**Task to complete:** Below are some entries. Copy each line in them that holds "above".

Stored data entries

---

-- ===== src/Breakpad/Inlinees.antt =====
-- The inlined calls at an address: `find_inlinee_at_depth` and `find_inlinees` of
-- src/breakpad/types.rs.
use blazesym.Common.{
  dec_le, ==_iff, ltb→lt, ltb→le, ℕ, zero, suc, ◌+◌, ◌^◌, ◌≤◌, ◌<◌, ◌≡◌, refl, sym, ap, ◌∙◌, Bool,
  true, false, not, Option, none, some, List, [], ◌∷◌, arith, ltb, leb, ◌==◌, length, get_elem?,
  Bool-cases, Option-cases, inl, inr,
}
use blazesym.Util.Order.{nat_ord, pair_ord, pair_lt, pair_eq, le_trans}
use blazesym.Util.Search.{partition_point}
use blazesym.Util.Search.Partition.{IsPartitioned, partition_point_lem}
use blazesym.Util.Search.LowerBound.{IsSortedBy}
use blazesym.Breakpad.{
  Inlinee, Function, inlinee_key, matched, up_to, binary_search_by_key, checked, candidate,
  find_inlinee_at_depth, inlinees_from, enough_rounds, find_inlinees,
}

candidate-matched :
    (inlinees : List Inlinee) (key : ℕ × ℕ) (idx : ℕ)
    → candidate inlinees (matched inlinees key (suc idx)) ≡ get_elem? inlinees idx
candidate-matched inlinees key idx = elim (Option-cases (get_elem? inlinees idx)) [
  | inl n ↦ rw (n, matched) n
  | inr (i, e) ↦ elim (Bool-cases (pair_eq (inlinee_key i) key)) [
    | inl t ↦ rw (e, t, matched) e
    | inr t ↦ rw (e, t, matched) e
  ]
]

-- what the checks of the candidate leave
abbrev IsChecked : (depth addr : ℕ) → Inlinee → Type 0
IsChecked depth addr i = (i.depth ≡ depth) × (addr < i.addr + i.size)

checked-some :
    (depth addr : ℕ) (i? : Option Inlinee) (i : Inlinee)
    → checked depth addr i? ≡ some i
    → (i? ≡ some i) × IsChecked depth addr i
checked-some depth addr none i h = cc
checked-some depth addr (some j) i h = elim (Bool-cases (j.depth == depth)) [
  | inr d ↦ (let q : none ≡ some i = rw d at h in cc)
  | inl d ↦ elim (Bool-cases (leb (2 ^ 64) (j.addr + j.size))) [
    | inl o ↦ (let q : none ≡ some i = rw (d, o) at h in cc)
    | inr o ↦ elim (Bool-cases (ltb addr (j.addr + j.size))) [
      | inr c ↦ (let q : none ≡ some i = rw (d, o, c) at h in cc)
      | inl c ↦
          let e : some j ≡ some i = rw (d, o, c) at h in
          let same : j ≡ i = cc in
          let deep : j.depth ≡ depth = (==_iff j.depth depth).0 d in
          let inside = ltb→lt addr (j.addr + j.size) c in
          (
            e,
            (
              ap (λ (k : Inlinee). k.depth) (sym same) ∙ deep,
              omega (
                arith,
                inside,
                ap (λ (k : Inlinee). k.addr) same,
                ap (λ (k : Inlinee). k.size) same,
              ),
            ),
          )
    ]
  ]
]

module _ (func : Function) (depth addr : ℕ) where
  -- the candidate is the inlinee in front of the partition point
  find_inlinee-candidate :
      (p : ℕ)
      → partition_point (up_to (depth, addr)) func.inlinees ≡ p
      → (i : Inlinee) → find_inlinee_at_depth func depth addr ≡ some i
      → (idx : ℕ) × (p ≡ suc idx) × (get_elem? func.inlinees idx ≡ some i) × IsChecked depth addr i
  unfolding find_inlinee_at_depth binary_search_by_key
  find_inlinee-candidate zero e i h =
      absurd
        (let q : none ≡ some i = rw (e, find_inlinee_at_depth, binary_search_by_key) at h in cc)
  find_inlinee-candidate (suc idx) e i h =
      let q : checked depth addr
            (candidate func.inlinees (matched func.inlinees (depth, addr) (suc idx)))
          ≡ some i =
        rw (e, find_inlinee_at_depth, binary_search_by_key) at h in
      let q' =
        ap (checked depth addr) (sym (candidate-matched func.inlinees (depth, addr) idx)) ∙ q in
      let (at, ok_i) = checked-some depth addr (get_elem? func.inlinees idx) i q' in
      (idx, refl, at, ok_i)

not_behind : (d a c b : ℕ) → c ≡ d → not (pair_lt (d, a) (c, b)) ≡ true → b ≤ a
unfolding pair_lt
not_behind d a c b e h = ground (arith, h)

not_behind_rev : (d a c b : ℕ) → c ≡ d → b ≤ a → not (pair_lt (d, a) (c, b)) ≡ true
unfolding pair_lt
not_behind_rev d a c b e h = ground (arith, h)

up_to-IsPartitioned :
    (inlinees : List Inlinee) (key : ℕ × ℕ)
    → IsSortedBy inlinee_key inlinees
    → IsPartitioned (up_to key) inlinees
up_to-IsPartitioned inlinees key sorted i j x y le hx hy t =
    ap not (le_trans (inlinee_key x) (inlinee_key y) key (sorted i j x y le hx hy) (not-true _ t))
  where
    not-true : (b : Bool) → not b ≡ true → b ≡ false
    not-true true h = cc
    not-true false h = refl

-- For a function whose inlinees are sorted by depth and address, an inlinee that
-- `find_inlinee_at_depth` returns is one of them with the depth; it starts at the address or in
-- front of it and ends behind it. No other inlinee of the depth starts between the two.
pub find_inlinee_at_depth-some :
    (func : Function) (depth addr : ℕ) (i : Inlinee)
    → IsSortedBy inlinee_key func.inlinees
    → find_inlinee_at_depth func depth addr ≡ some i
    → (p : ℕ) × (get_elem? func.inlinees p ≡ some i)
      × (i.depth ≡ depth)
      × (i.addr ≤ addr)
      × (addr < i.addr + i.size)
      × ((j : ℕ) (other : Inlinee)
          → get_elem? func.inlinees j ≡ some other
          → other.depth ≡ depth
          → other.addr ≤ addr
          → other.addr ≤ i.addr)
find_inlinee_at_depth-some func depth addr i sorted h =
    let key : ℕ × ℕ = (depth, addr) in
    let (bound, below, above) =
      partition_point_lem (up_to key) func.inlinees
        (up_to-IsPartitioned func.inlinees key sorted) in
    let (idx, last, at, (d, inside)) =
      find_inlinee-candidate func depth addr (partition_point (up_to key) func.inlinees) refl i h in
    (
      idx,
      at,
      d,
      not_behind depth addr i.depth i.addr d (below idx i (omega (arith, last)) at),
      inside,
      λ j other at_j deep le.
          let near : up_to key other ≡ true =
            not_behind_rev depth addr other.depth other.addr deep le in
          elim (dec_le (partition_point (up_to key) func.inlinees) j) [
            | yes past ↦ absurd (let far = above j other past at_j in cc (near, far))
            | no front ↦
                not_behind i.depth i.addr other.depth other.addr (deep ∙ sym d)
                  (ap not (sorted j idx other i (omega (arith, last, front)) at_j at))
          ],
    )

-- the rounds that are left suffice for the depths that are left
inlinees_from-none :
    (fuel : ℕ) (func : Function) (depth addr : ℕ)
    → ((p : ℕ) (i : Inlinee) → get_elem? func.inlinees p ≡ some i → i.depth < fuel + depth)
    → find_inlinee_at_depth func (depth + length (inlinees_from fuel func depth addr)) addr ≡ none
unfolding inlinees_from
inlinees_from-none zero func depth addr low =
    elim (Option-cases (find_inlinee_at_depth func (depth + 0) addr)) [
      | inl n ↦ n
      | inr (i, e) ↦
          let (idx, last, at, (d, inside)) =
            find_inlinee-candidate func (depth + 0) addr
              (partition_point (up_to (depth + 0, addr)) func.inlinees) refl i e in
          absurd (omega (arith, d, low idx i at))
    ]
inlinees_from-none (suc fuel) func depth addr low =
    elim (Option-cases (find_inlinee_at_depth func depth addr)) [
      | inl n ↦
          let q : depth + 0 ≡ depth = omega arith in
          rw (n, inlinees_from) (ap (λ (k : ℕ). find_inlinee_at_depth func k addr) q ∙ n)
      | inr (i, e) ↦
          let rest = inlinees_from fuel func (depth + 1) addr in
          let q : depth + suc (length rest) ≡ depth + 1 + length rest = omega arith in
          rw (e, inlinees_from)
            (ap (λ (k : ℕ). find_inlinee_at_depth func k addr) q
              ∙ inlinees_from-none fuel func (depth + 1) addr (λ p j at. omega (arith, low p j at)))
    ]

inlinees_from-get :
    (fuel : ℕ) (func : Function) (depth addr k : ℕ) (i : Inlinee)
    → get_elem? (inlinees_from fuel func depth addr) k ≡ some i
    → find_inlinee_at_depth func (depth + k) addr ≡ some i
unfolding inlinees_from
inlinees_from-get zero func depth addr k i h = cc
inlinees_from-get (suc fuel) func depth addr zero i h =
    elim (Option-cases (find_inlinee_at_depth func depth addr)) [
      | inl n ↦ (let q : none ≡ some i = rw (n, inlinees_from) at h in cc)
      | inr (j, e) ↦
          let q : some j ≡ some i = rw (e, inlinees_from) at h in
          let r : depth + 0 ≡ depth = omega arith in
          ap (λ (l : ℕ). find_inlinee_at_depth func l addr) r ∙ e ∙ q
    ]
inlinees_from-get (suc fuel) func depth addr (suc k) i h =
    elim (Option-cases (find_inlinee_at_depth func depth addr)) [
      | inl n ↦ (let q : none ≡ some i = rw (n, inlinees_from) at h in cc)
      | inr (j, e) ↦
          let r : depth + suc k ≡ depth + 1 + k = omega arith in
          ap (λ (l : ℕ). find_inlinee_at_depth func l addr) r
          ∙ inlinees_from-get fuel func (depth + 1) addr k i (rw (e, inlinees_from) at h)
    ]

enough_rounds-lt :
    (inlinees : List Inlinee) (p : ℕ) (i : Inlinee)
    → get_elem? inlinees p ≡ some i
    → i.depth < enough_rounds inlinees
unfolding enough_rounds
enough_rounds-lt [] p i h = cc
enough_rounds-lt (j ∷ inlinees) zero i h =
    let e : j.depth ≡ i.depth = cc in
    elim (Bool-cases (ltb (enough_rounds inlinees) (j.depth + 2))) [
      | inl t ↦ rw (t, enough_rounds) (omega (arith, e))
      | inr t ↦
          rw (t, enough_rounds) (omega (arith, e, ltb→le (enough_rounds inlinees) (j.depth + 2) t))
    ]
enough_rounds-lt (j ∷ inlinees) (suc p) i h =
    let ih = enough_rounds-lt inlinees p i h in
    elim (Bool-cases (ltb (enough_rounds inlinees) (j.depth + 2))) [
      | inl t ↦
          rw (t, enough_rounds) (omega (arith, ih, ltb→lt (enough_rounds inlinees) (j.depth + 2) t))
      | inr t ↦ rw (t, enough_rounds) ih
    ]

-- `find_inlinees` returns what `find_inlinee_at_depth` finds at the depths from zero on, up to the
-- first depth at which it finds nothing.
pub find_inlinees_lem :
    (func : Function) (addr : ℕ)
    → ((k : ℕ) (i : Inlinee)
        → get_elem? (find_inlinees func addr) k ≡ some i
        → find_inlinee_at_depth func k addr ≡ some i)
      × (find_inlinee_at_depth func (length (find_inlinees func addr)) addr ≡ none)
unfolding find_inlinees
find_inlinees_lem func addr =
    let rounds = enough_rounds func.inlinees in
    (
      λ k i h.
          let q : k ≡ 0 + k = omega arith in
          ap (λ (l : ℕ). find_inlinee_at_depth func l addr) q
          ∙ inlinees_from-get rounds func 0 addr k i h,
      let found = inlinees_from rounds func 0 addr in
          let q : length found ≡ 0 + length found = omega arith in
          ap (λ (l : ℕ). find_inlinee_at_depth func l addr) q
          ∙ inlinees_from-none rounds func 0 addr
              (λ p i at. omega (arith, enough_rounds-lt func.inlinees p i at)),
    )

---

**Solved problem:**
    let (bound, below, above) =
            | yes past ↦ absurd (let far = above j other past at_j in cc (near, far))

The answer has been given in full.